With uncertainty around a possible recession in the new year, it’s not surprising that more than half of businesses and organizations in the Toronto region indicated that rising inflation and the rising cost of inputs as their biggest business concerns. In fact, in the next three months, 57.6 per cent of Toronto businesses are likely (very likely or somewhat likely) to pass on increased costs of doing business to customers.   

Inflation, coupled with an increasingly tight labour market, also has a medium to large impact when setting wages and salaries, and it’s making it difficult for businesses to adopt technologies that are essential for remaining competitive – 68 per cent do not plan on incorporating new technologies over the next 12 months. For those companies that will, the top technologies are cloud computing (17.8 per cent), security software tools (17.1 per cent), and collaboration tools (15.7 per cent).  

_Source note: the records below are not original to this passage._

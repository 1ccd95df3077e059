-- ===== src/Startup/Shutdown.antt =====
-- The end of `main` in src/main.rs, cut where it awaits: Ctrl-C, the end of the RPC server, the end of
-- the background task. Requests and sweeps work on one vault, whose state is `S`.
pub mod Order
pub mod Final
use tari_vault.Base.{
  ℕ, zero, suc, ◌≡◌, refl, sym, ap, ◌∙◌, subst, true, false, List, [], ◌∷◌, ◌++◌, Exec, arith,
}
use tari_vault.Error.{VaultError}
use tari_vault.Domain.Chrono.{Instant}
use tari_vault.Cleanup.{
  Signal, cancel_parent, stop, tick, poll, answer, Phase, selecting, sweeping, ended, CleanupTask,
  is_cancelled, react, run, standing, wound_up,
}

-- Where `main` stands: it awaits Ctrl-C, `stopped` of the server, or `stopped` of the background task;
-- or it is over.
pub data Stage : Type 0 where
  serving : Stage
  stopping : Stage
  winding_down : Stage
  over : Stage

-- How many requests the server has taken and not answered, and the task with the vault that it shares
-- with the server.
pub record Process (S : Type 0) : Type 0 where
  pub stage : Stage
  pub in_flight : ℕ
  pub task : CleanupTask S

-- What may happen, in any order: a request arrives, a request under way does something to the vault,
-- one is answered; Ctrl-C; `main` is polled; the background task gets a signal.
pub data Event (S : Type 0) : Type 0 where
  arrives : Event S
  acts : (S → S) → Event S
  answered : Event S
  ctrl_c : Event S
  polls_main : Event S
  elapses : Event S
  polls_task : Event S
  sweep_answered : Instant → Event S

-- With `interval_secs` zero `main` spawns no task: there is none to await.
unfoldable pub launched : {S : Type 0} → Phase → S → Process S
launched phase s = record {
  stage = serving;
  in_flight = 0;
  task = record { parent = false; child = false; due = true; phase = phase; store = s };
}

module _ {S : Type 0} (cleanup : Instant → Exec S VaultError ℕ) where
  taken : Stage → ℕ → ℕ
  taken serving n = suc n
  taken _ n = n

  touched : (S → S) → ℕ → CleanupTask S → CleanupTask S
  touched f zero t = t
  touched f (suc n) t = record t { store = f t.store }

  fewer : ℕ → ℕ
  fewer zero = zero
  fewer (suc n) = n

  -- `server_handle.stop()`: nothing is taken any more.
  interrupted : Stage → Stage
  interrupted serving = stopping
  interrupted stage = stage

  -- `server_handle.stopped()` returns when the server has answered what it had taken; then `main`
  -- cancels the token.
  server_stopped : ℕ → Process S → Process S
  server_stopped zero p = record p {
    stage = winding_down;
    task = react cleanup cancel_parent p.task;
  }
  server_stopped (suc n) p = p

  -- `task.stopped()` returns when the loop has ended.
  task_stopped : Phase → Process S → Process S
  task_stopped ended p = record p { stage = over }
  task_stopped _ p = p

  main_on : Stage → Process S → Process S
  unfolding server_stopped task_stopped
  main_on stopping p = server_stopped p.in_flight p
  main_on winding_down p = task_stopped p.task.phase p
  main_on _ p = p

  unfoldable pub happens : Event S → Process S → Process S
  unfolding taken touched fewer interrupted main_on
  happens arrives p = record p { in_flight = taken p.stage p.in_flight }
  happens (acts f) p = record p { task = touched f p.in_flight p.task }
  happens answered p = record p { in_flight = fewer p.in_flight }
  happens ctrl_c p = record p { stage = interrupted p.stage }
  happens polls_main p = main_on p.stage p
  happens elapses p = record p { task = react cleanup tick p.task }
  happens polls_task p = record p { task = react cleanup poll p.task }
  happens (sweep_answered now) p = record p { task = react cleanup (answer now) p.task }

  unfoldable pub history : List (Event S) → Process S → Process S
  history [] p = p
  history (event ∷ events) p = history events (happens event p)

  -- What the background task sees of the events.
  abbrev pub signals : List (Event S) → List Signal
  signals [] = []
  signals (elapses ∷ events) = tick ∷ signals events
  signals (polls_task ∷ events) = poll ∷ signals events
  signals (sweep_answered now ∷ events) = answer now ∷ signals events
  signals (_ ∷ events) = signals events

  -- `main` has cancelled the token.
  abbrev pub HasCancelled : Stage → Type 0
  HasCancelled winding_down = Unit
  HasCancelled over = Unit
  HasCancelled _ = ⊥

The good news is that, despite the rising costs of debt and resources, and the spectre of a recession, 69.8 per cent of Toronto businesses remain optimistic about their future growth over the next 12 months.  

As for how the post-lockdown return to work is going, it’s a mixed bag, with 53.2 per cent anticipating working onsite, 9.6 per cent fully remote, and 37.2 per cent in a hybrid environment over the next three months.  

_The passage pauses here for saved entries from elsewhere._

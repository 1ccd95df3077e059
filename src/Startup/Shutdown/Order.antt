-- ===== src/Startup/Shutdown/Order.antt =====
-- Startup.Shutdown: what is known of the process by where `main` stands.
use tari_vault.Base.{ℕ, zero, suc, ◌≡◌, refl, true, List, [], ◌∷◌, Exec, arith}
use tari_vault.Error.{VaultError}
use tari_vault.Domain.Chrono.{Instant}
use tari_vault.Cleanup.{
  Signal, tick, poll, answer, Phase, selecting, sweeping, ended, CleanupTask, is_cancelled, react,
}
use tari_vault.Cleanup.Stopping.{react-cancelled, react-ended, cancel_parent-cancels}
use tari_vault.Startup.Shutdown.{
  Stage, serving, stopping, winding_down, over, Process, Event, arrives, acts, answered, ctrl_c,
  polls_main, elapses, polls_task, sweep_answered, taken, touched, fewer, interrupted,
  server_stopped, task_stopped, main_on, happens, history,
}

module _ {S : Type 0} (cleanup : Instant → Exec S VaultError ℕ) where
  -- Once the token is cancelled no request is under way, and `main` is over only when the loop has
  -- ended.
  abbrev pub Sound : Stage → ℕ → CleanupTask S → Type 0
  Sound winding_down n t = (n ≡ 0) × (is_cancelled cleanup t ≡ true)
  Sound over n t = (n ≡ 0) × (is_cancelled cleanup t ≡ true) × (t.phase ≡ ended)
  Sound _ n t = Unit

  abbrev pub IsSound : Process S → Type 0
  IsSound p = Sound p.stage p.in_flight p.task

  Sound-react :
      (signal : Signal) (stage : Stage) (n : ℕ) (t : CleanupTask S)
      → Sound stage n t
      → Sound stage n (react cleanup signal t)
  Sound-react signal serving n t h = tt
  Sound-react signal stopping n t h = tt
  Sound-react signal winding_down n t h = (h.0, react-cancelled cleanup signal t h.1)
  Sound-react signal over n t h =
      (h.0, react-cancelled cleanup signal t h.1, react-ended cleanup signal t h.2)

  Sound-taken :
      (stage : Stage) (n : ℕ) (t : CleanupTask S)
      → Sound stage n t
      → Sound stage (taken cleanup stage n) t
  unfolding taken
  Sound-taken serving n t h = tt
  Sound-taken stopping n t h = tt
  Sound-taken winding_down n t h = h
  Sound-taken over n t h = h

  Sound-touched :
      (f : S → S) (stage : Stage) (n : ℕ) (t : CleanupTask S)
      → Sound stage n t
      → Sound stage n (touched cleanup f n t)
  unfolding touched
  Sound-touched f stage zero t h = h
  Sound-touched f serving (suc n) t h = tt
  Sound-touched f stopping (suc n) t h = tt
  Sound-touched f winding_down (suc n) t h = h
  Sound-touched f over (suc n) t h = h

  Sound-fewer :
      (stage : Stage) (n : ℕ) (t : CleanupTask S)
      → Sound stage n t
      → Sound stage (fewer cleanup n) t
  unfolding fewer
  Sound-fewer stage zero t h = h
  Sound-fewer serving (suc n) t h = tt
  Sound-fewer stopping (suc n) t h = tt
  Sound-fewer winding_down (suc n) t h = absurd (ground (arith, h.0))
  Sound-fewer over (suc n) t h = absurd (ground (arith, h.0))

  Sound-interrupted :
      (stage : Stage) (n : ℕ) (t : CleanupTask S)
      → Sound stage n t
      → Sound (interrupted cleanup stage) n t
  unfolding interrupted
  Sound-interrupted serving n t h = tt
  Sound-interrupted stopping n t h = tt
  Sound-interrupted winding_down n t h = h
  Sound-interrupted over n t h = h

  server_stopped-IsSound :
      (n : ℕ) (t : CleanupTask S)
      → IsSound (server_stopped cleanup n (record { stage = stopping; in_flight = n; task = t }))
  unfolding server_stopped
  server_stopped-IsSound zero t = (refl, cancel_parent-cancels cleanup t)
  server_stopped-IsSound (suc n) t = tt

  task_stopped-IsSound :
      (phase : Phase) (n : ℕ) (t : CleanupTask S)
      → t.phase ≡ phase
      → Sound winding_down n t
      → IsSound
          (task_stopped cleanup phase (record { stage = winding_down; in_flight = n; task = t }))
  unfolding task_stopped
  task_stopped-IsSound selecting n t e h = h
  task_stopped-IsSound sweeping n t e h = h
  task_stopped-IsSound ended n t e h = (h.0, h.1, e)

  main_on-IsSound :
      (stage : Stage) (n : ℕ) (t : CleanupTask S)
      → Sound stage n t
      → IsSound (main_on cleanup stage (record { stage = stage; in_flight = n; task = t }))
  unfolding main_on
  main_on-IsSound serving n t h = tt
  main_on-IsSound stopping n t h = server_stopped-IsSound n t
  main_on-IsSound winding_down n t h = task_stopped-IsSound t.phase n t refl h
  main_on-IsSound over n t h = h

  happens-IsSound :
      (event : Event S) (p : Process S) → IsSound p → IsSound (happens cleanup event p)
  unfolding happens
  happens-IsSound arrives p h = Sound-taken p.stage p.in_flight p.task h
  happens-IsSound (acts f) p h = Sound-touched f p.stage p.in_flight p.task h
  happens-IsSound answered p h = Sound-fewer p.stage p.in_flight p.task h
  happens-IsSound ctrl_c p h = Sound-interrupted p.stage p.in_flight p.task h
  happens-IsSound polls_main p h = main_on-IsSound p.stage p.in_flight p.task h
  happens-IsSound elapses p h = Sound-react tick p.stage p.in_flight p.task h
  happens-IsSound polls_task p h = Sound-react poll p.stage p.in_flight p.task h
  happens-IsSound (sweep_answered now) p h = Sound-react (answer now) p.stage p.in_flight p.task h

  pub history-IsSound :
      (events : List (Event S)) (p : Process S) → IsSound p → IsSound (history cleanup events p)
  unfolding history
  history-IsSound [] p h = h
  history-IsSound (event ∷ events) p h =
      history-IsSound events (happens cleanup event p) (happens-IsSound event p h)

After analyzing the data, the Toronto Region Board of Trade is recommending that businesses look to invest in increasing productivity as a key tool in their fight against inflation.

In the 2021 Picking Up Speed report by the Brookfield Institute and co-authored by the Board, it was recommended that Canada should invest in better understanding the economic impacts of digital maturity, while also providing support that helps SMEs navigate their digital transformation. The importance of digital maturity is reflected in the federal budget’s $4 billion commitment towards the Canada Digital Adoption Program, which provides grants and access to expert advice to increase online sales, reduce costs, better manage inventory and more.  

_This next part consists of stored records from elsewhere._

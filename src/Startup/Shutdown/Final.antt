-- ===== src/Startup/Shutdown/Final.antt =====
-- Startup.Shutdown: the process after `main` has cancelled the token.
use tari_vault.Base.{ℕ, zero, suc, List, [], ◌∷◌, Exec}
use tari_vault.Error.{VaultError}
use tari_vault.Domain.Chrono.{Instant}
use tari_vault.Cleanup.{CleanupTask}
use tari_vault.Startup.Shutdown.{
  Stage, Process, Event, answered, polls_main, polls_task, sweep_answered,
}

module _ {S : Type 0} (cleanup : Instant → Exec S VaultError ℕ) where
  abbrev down : Stage → CleanupTask S → Process S
  down stage t = record { stage = stage; in_flight = 0; task = t }

  -- Ctrl-C, the answers of the requests under way, and the polls of `main` and of the background task,
  -- whose sweep, if there is one, is answered.
  abbrev pub shut_down : ℕ → Instant → List (Event S)
  shut_down zero now = polls_main ∷ sweep_answered now ∷ polls_task ∷ polls_main ∷ []
  shut_down (suc n) now = answered ∷ shut_down n now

Despite many SMEs successfully digitizing their operations to survive the COVID-19 pandemic and early lockdowns, they still significantly lag behind larger firms in foundational technologies. Digitally mature SMEs are more resilient to market disruptions and are 62% more likely to have high sales growth and 52% more likely to have greater profits. (Source)  

Read the full Canadian Survey on Business Conditions Report, Q4 2022.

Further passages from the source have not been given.